[Collected data]
=-=-=

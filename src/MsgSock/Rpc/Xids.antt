-- ===== src/MsgSock/Rpc/Xids.antt =====
-- The xids that `get_xid` chooses.
use xdrpp.Common.{
  ℕ, zero, suc, ◌+◌, ◌^◌, ◌≤◌, ◌<◌, ◌≡◌, ◌≢◌, refl, ap, arith, ◌⊎◌, inl, inr, true, false, not,
  ◌&&◌, Option, none, some, List, [], ◌∷◌, ◌++◌, ◌==◌, Bool-cases,
}
use xdrpp.Common.Result.{ok}
use xdrpp.Endian.{swap32}
use xdrpp.MsgSock.Rpc.{Rpc, find, emplace, word, next_xid, is_found, get_xid, send_call}

-- What `get_xid` may give: an xid that is no key of the table, or 0.
abbrev pub IsChoice : List (ℕ × ℕ) → ℕ → Type 0
IsChoice calls y = (y < 2 ^ 32) × ((y ≡ 0) ⊎ (find y calls ≡ none))

next_xid_lem : (x : ℕ) → x < 2 ^ 32 → next_xid x ≢ 0 → next_xid x ≡ x + 1
next_xid_lem x h n = omega arith

not_found : (o : Option ℕ) → is_found o ≡ false → o ≡ none
not_found none e = refl
not_found (some cb) e = absurd (cc)

goes_on : (y : ℕ) (o : Option ℕ) → (is_found o && not (y == 0)) ≡ true → y ≢ 0
goes_on y (some cb) e = ground arith
goes_on y none e = absurd (cc)

stops : (y : ℕ) (o : Option ℕ) → (is_found o && not (y == 0)) ≡ false → (y ≡ 0) ⊎ (o ≡ none)
stops y none e = inr refl
stops y (some cb) e = inl (ground arith)

-- The loop of `get_xid` ends within 2 ^ 32 - `xid_` turns, since `xid_` then has become 0. What it
-- gives is an xid that is no key of the table of calls, or 0, which may be one.
pub get_xid-IsChoice :
    (turns x : ℕ) (calls : List (ℕ × ℕ))
    → x < 2 ^ 32
    → 2 ^ 32 ≤ x + turns
    → (y : ℕ) × (get_xid turns x calls ≡ some y) × IsChoice calls y
unfolding get_xid
get_xid-IsChoice zero x calls h t = absurd (omega arith)
get_xid-IsChoice (suc turns) x calls h t =
    let y : ℕ = next_xid x in
    elim (Bool-cases (is_found (find y calls) && not (y == 0))) [
      | inl more ↦
          let up : y ≡ x + 1 = next_xid_lem x h (goes_on y (find y calls) more) in
          rw more (get_xid-IsChoice turns y calls (omega arith) (omega (arith, up)))
      | inr done ↦ rw done (y, refl, (omega arith, stops y (find y calls) done))
    ]

chosen :
    (turns x : ℕ) (calls : List (ℕ × ℕ))
    → find (next_xid x) calls ≡ none
    → get_xid (suc turns) x calls ≡ some (next_xid x)
unfolding get_xid
chosen turns x calls e = rw e refl

kept : (y cb old : ℕ) (calls : List (ℕ × ℕ)) → find y calls ≡ some old → emplace y cb calls ≡ calls
unfolding emplace
kept y cb old calls e = rw (e, emplace) refl

-- The keys of the table are xids as they stand in messages. On a little-endian machine `get_xid`
-- therefore tests another number than the one that `send_call` then uses: wherever the next xid is no
-- key, it is chosen, also if a call with that very xid is waiting under the key with the bytes
-- swapped. `send_call` then sends the call, but keeps the old entry, and the new callback is lost.
pub get_xid-send_call_clash :
    (turns x cb old : ℕ) (m : List ℕ) (r : Rpc)
    → find (next_xid x) r.calls ≡ none
    → find (swap32 (next_xid x)) r.calls ≡ some old
    → word false 0 m ≡ ok (swap32 (next_xid x))
    → (get_xid (suc turns) x r.calls ≡ some (next_xid x))
      × (send_call false m cb r ≡ ok (record r { sent = r.sent ++ (m ∷ []) }))
unfolding send_call emplace
get_xid-send_call_clash turns x cb old m r free pending first = (
  chosen turns x r.calls free,
  rw (first, send_call)
      (ap (λ calls. ok (record r { calls = calls; sent = r.sent ++ (m ∷ []) }))
        (kept (swap32 (next_xid x)) cb old r.calls pending)),
)
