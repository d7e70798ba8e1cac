-- ===== src/Examples/Data.antt =====
-- A schema of two classes: class 0 is `struct list { int value; list *next; }`, and class 1 is
-- `union name switch (bool named) { case TRUE: string text<8>; case FALSE: void; }`.
use xdrpp.Common.{ℕ, zero, suc, ◌≡◌, refl, arith, true, false, none, some, List, [], ◌∷◌, length}
use xdrpp.Types.{
  int32, uint64, boolean, xstring, pointer, named, kind, Val, num, bytes, seq, choice, nil, cons,
  UnionField, Class, struct, union, Schema, with_mem_ptr, labelled_field,
}
use xdrpp.Marshal.Words.{be32, be64}
use xdrpp.Marshal.Bytes.{padded}
use xdrpp.Marshal.Put.Encode.{Fits, encode}
use xdrpp.Marshal.Get.Formed.{IsSchema}
use xdrpp.Message.{Arg}
use xdrpp.Message.Args.{ArgsFit, encode_args}

abbrev pub name_fields : List UnionField
name_fields =
    record { cases = 1 ∷ []; has_default = false; fieldno = 1; decl = some (xstring 8) }
    ∷ record { cases = 0 ∷ []; has_default = false; fieldno = 0; decl = none }
    ∷ []

abbrev pub classes : ℕ → Class
classes zero = struct (int32 ∷ pointer (named 0) ∷ [])
classes (suc k) = union boolean name_fields

abbrev pub schema : Schema
schema = record { classes = classes; validate = λ k v. true }

abbrev pub end_of_list : Val
end_of_list = seq (cons (num 8) (cons (seq nil) nil))

abbrev pub list : Val
list = seq (cons (num 7) (cons (seq (cons end_of_list nil)) nil))

abbrev pub name : Val
name = choice 1 (cons (bytes (104 ∷ 105 ∷ [])) nil)

abbrev pub args : List Arg
args = (named 0, list) ∷ (named 1, name) ∷ (uint64, num 1099511627776) ∷ []

pub list-Fits : Fits schema 4 (named 0) list
unfolding Fits kind
list-Fits = (
  refl,
  (
    (omega arith, tt),
    ((omega arith, ((refl, ((omega arith, tt), ((omega arith, tt), tt))), tt)), tt),
  ),
)

pub name-Fits : Fits schema 4 (named 1) name
unfolding Fits kind with_mem_ptr labelled_field
name-Fits = (refl, (refl, omega arith, omega arith, (omega arith, omega arith)))

pub args-ArgsFit : ArgsFit schema 4 args
unfolding Fits kind
args-ArgsFit = (list-Fits, (name-Fits, (omega arith, tt)))

pub schema-IsSchema : IsSchema schema
unfolding kind
schema-IsSchema zero = (tt, (tt, tt))
schema-IsSchema (suc k) = (refl, (omega arith, (tt, tt)))

pub length-args : length (encode_args schema 4 args) ≡ 36
unfolding encode kind with_mem_ptr labelled_field padded be32 be64
length-args = refl
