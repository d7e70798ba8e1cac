-- ===== src/Server/Registry/Order.antt =====
-- The registry as an ordered map.
use xdrpp.Common.{
  ℕ, ◌≤◌, ◌<◌, ◌≡◌, ◌≢◌, refl, sym, subst, ◌∙◌, arith, some, List, [], ◌∷◌, Bool-cases, inl, inr,
  ltb, ◌==◌, ltb→lt, ltb→le, if_true, if_false, ==_iff, ==_refl, ne→==, ne_of_==,
}
use xdrpp.Common.Result.{ok}
use xdrpp.Server.Registry.{lookup, assign, first_key, last_key}

module _ {A : Type 0} where
  -- Every key is above `k`.
  abbrev pub Above : ℕ → List (ℕ × A) → Type 0
  Above k [] = Unit
  Above k ((j, a) ∷ m) = (k < j) × Above k m

  -- The keys ascend.
  abbrev pub IsSorted : List (ℕ × A) → Type 0
  IsSorted [] = Unit
  IsSorted ((k, a) ∷ m) = Above k m × IsSorted m

  Above-lower : (i k : ℕ) (m : List (ℕ × A)) → i < k → Above k m → Above i m
  Above-lower i k [] h a = tt
  Above-lower i k ((j, b) ∷ m) h (lt, a) = (omega arith, Above-lower i k m h a)

  Above-assign : (i k : ℕ) (a : A) (m : List (ℕ × A)) → i < k → Above i m → Above i (assign k a m)
  unfolding assign
  Above-assign i k a [] h u = (h, tt)
  Above-assign i k a ((j, b) ∷ m) h (lt, u) = elim (Bool-cases (ltb k j)) [
    | inl before ↦ rw before (h, (lt, u))
    | inr after ↦ elim (Bool-cases (k == j)) [
      | inl same ↦ rw (after, same) (h, u)
      | inr other ↦ rw (after, other) (lt, Above-assign i k a m h u)
    ]
  ]

  pub assign-IsSorted : (k : ℕ) (a : A) (m : List (ℕ × A)) → IsSorted m → IsSorted (assign k a m)
  unfolding assign
  assign-IsSorted k a [] s = (tt, tt)
  assign-IsSorted k a ((j, b) ∷ m) (above, s) = elim (Bool-cases (ltb k j)) [
    | inl before ↦
        let h : k < j = ltb→lt k j before in rw before ((h, Above-lower k j m h above), (above, s))
    | inr after ↦ elim (Bool-cases (k == j)) [
      | inl same ↦
          rw (after, same) (subst (λ (i : ℕ). Above i m) (sym ((==_iff k j).0 same)) above, s)
      | inr other ↦
          let h : j < k = omega (arith, ltb→le k j after, ne_of_== k j other) in
          rw (after, other) (Above-assign j k a m h above, assign-IsSorted k a m s)
    ]
  ]

  -- What was assigned is found, and other keys are as before.
  pub lookup-assign : (k : ℕ) (a : A) (m : List (ℕ × A)) → lookup k (assign k a m) ≡ some a
  unfolding lookup assign
  lookup-assign k a [] = if_true _ _ (==_refl k)
  lookup-assign k a ((j, b) ∷ m) = elim (Bool-cases (ltb k j)) [
    | inl before ↦ rw before (if_true _ _ (==_refl k))
    | inr after ↦ elim (Bool-cases (k == j)) [
      | inl same ↦ rw (after, same) (if_true _ _ (==_refl k))
      | inr other ↦ rw (after, other) (if_false _ _ other ∙ lookup-assign k a m)
    ]
  ]

  pub lookup-assign_other :
      (i k : ℕ) (a : A) (m : List (ℕ × A)) → i ≢ k → lookup i (assign k a m) ≡ lookup i m
  unfolding lookup assign
  lookup-assign_other i k a [] n = if_false _ _ (ne→== i k n)
  lookup-assign_other i k a ((j, b) ∷ m) n = elim (Bool-cases (ltb k j)) [
    | inl before ↦ rw before (if_false _ _ (ne→== i k n))
    | inr after ↦ elim (Bool-cases (k == j)) [
      | inl same ↦
          rw (after, same)
            (if_false _ _ (ne→== i k n)
              ∙ sym (if_false _ _ (ne→== i j (λ e. n (e ∙ sym ((==_iff k j).0 same))))))
      | inr other ↦
          rw (after, other)
            (elim (Bool-cases (i == j)) [
              | inl here ↦ if_true _ _ here ∙ sym (if_true _ _ here)
              | inr later ↦
                  if_false _ _ later ∙ lookup-assign_other i k a m n ∙ sym (if_false _ _ later)
            ])
    ]
  ]

  last_key_ge :
      (k j : ℕ) (b : A) (m : List (ℕ × A))
      → k ≤ j
      → Above j m
      → IsSorted m
      → (high : ℕ) × (last_key ((j, b) ∷ m) ≡ ok high) × (k ≤ high)
  unfolding last_key
  last_key_ge k j b [] h u s = (j, refl, h)
  last_key_ge k j b ((i, a) ∷ m) h (lt, u) (above, s) = last_key_ge k i a m (omega arith) above s

  lookup-Above : (k j : ℕ) (a : A) (m : List (ℕ × A)) → Above j m → lookup k m ≡ some a → j < k
  unfolding lookup
  lookup-Above k j a [] u e = absurd (cc)
  lookup-Above k j a ((i, b) ∷ m) (lt, u) e = elim (Bool-cases (k == i)) [
    | inl same ↦ omega (arith, (==_iff k i).0 same)
    | inr other ↦ lookup-Above k j a m u (sym (if_false _ _ other) ∙ e)
  ]

  lookup_last :
      (k j : ℕ) (b a : A) (m : List (ℕ × A))
      → IsSorted m
      → lookup k m ≡ some a
      → (high : ℕ) × (last_key ((j, b) ∷ m) ≡ ok high) × (k ≤ high)
  unfolding lookup last_key
  lookup_last k j b a [] s e = absurd (cc)
  lookup_last k j b a ((i, c) ∷ m) (above, s) e = elim (Bool-cases (k == i)) [
    | inl same ↦ last_key_ge k i c m (omega (arith, (==_iff k i).0 same)) above s
    | inr other ↦ lookup_last k i c a m s (sym (if_false _ _ other) ∙ e)
  ]

  -- The first and the last key of an ascending map bound every key that is in it.
  pub lookup_bounds :
      (k : ℕ) (a : A) (m : List (ℕ × A))
      → IsSorted m
      → lookup k m ≡ some a
      → (low : ℕ) × (high : ℕ) × (first_key m ≡ ok low)
        × (last_key m ≡ ok high)
        × (low ≤ k)
        × (k ≤ high)
  unfolding lookup first_key
  lookup_bounds k a [] s e = absurd (cc)
  lookup_bounds k a ((j, b) ∷ m) (above, s) e = elim (Bool-cases (k == j)) [
    | inl same ↦
        let k≡j : k ≡ j = (==_iff k j).0 same in
        let (high, l, h) = last_key_ge k j b m (omega (arith, k≡j)) above s in
        (j, high, refl, l, omega (arith, k≡j), h)
    | inr other ↦
        let later : lookup k m ≡ some a = sym (if_false _ _ other) ∙ e in
        let (high, l, h) = lookup_last k j b a m s later in
        let lt : j < k = lookup-Above k j a m above later in
        (j, high, refl, l, omega (arith, lt), h)
  ]

  -- Every key is below `n`.
  abbrev pub Below : ℕ → List (ℕ × A) → Type 0
  Below n [] = Unit
  Below n ((j, a) ∷ m) = (j < n) × Below n m

  pub assign-Below :
      (n k : ℕ) (a : A) (m : List (ℕ × A)) → k < n → Below n m → Below n (assign k a m)
  unfolding assign
  assign-Below n k a [] h u = (h, tt)
  assign-Below n k a ((j, b) ∷ m) h (lt, u) = elim (Bool-cases (ltb k j)) [
    | inl before ↦ rw before (h, (lt, u))
    | inr after ↦ elim (Bool-cases (k == j)) [
      | inl same ↦ rw (after, same) (h, u)
      | inr other ↦ rw (after, other) (lt, assign-Below n k a m h u)
    ]
  ]

  pub last_key-Below : (n k : ℕ) (m : List (ℕ × A)) → Below n m → last_key m ≡ ok k → k < n
  unfolding last_key
  last_key-Below n k [] u e = absurd (cc)
  last_key-Below n k ((j, a) ∷ []) (lt, u) e = let same : j ≡ k = cc in omega (arith, same, lt)
  last_key-Below n k ((j, a) ∷ e' ∷ m) (lt, u) e = last_key-Below n k (e' ∷ m) u e
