-- ===== src/Binutils.antt =====
-- internal/binutils/binutils.go
pub mod Names
pub mod Installed
use img.Common.{String, Bool, true, false, [], ◌∷◌, ◌<>◌}
use img.Common.Exec.{
  Exec, Outcome, ok, err, halt, panic, diverge, caused, pure, ◌>>=◌, ◌>>◌, attempt, or_fail,
}
use img.Common.FilePath
use img.Services.{Services}
use img.Client.{State, call, lift, succeeded}

module _ {W : Type 0} (S : Services W) where
  open S.processes use {look_path, runc_version, asset, temp_dir, write_file, getenv, setenv}

  unfoldable pub version_works : Bool → Exec (State W) Bool
  version_works false = pure false
  version_works true = do answer ← attempt (call runc_version); pure (succeeded answer)

  -- `RuncBinaryExists`
  unfoldable pub runc_binary_exists : Exec (State W) Bool
  unfolding version_works
  runc_binary_exists = do found ← attempt (call (look_path "runc")); version_works (succeeded found)

  -- The part after the directory is made, in which the directory is returned beside any error.
  unfoldable pub install_in : String → String → Exec (State W) (Unit {0})
  install_in binary dir = do
    or_fail (caused "writing to temporary file for runc binary failed: %v" [])
        (call (write_file (FilePath.join (dir ∷ "runc" ∷ [])) binary 0o755))
    path ← call (getenv "PATH")
    call (setenv "PATH" (dir <> (":" <> path)))

  unfoldable pub install_after :
      String → Outcome String → Exec (State W) (String × Outcome (Unit {0}))
  unfolding install_in
  install_after binary (ok dir) = do done ← attempt (install_in binary dir); pure (dir, done)
  install_after binary (err e) =
      pure ("", err (caused "creating a temporary directory failed: %v" [] e))
  install_after binary (halt n) = lift (halt n)
  install_after binary panic = lift panic
  install_after binary diverge = lift diverge

  unfoldable pub install_asset : Outcome String → Exec (State W) (String × Outcome (Unit {0}))
  unfolding install_after
  install_asset (ok binary) = do
    dir ← attempt (call (temp_dir "img-runc"))
    install_after binary dir
  install_asset (err e) =
      pure ("", err (caused "retrieving runc binary asset data failed: %v" [] e))
  install_asset (halt n) = lift (halt n)
  install_asset panic = lift panic
  install_asset diverge = lift diverge

  -- `InstallRuncBinary`, which returns a directory beside its error.
  unfoldable pub install_runc_binary : Exec (State W) (String × Outcome (Unit {0}))
  unfolding install_asset
  install_runc_binary = install_asset (asset "runc")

=-=-=

▸ **Your objective**: Set down precisely the lines above between the line holding "unfoldable pub runc_binary_exists" and the line holding "unfoldable pub install_in", inclusive, and nothing beyond them.

▸ **The completed task**:
  unfoldable pub runc_binary_exists : Exec (State W) Bool
  unfolding version_works
  runc_binary_exists = do found ← attempt (call (look_path "runc")); version_works (succeeded found)

  -- The part after the directory is made, in which the directory is returned beside any error.
  unfoldable pub install_in : String → String → Exec (State W) (Unit {0})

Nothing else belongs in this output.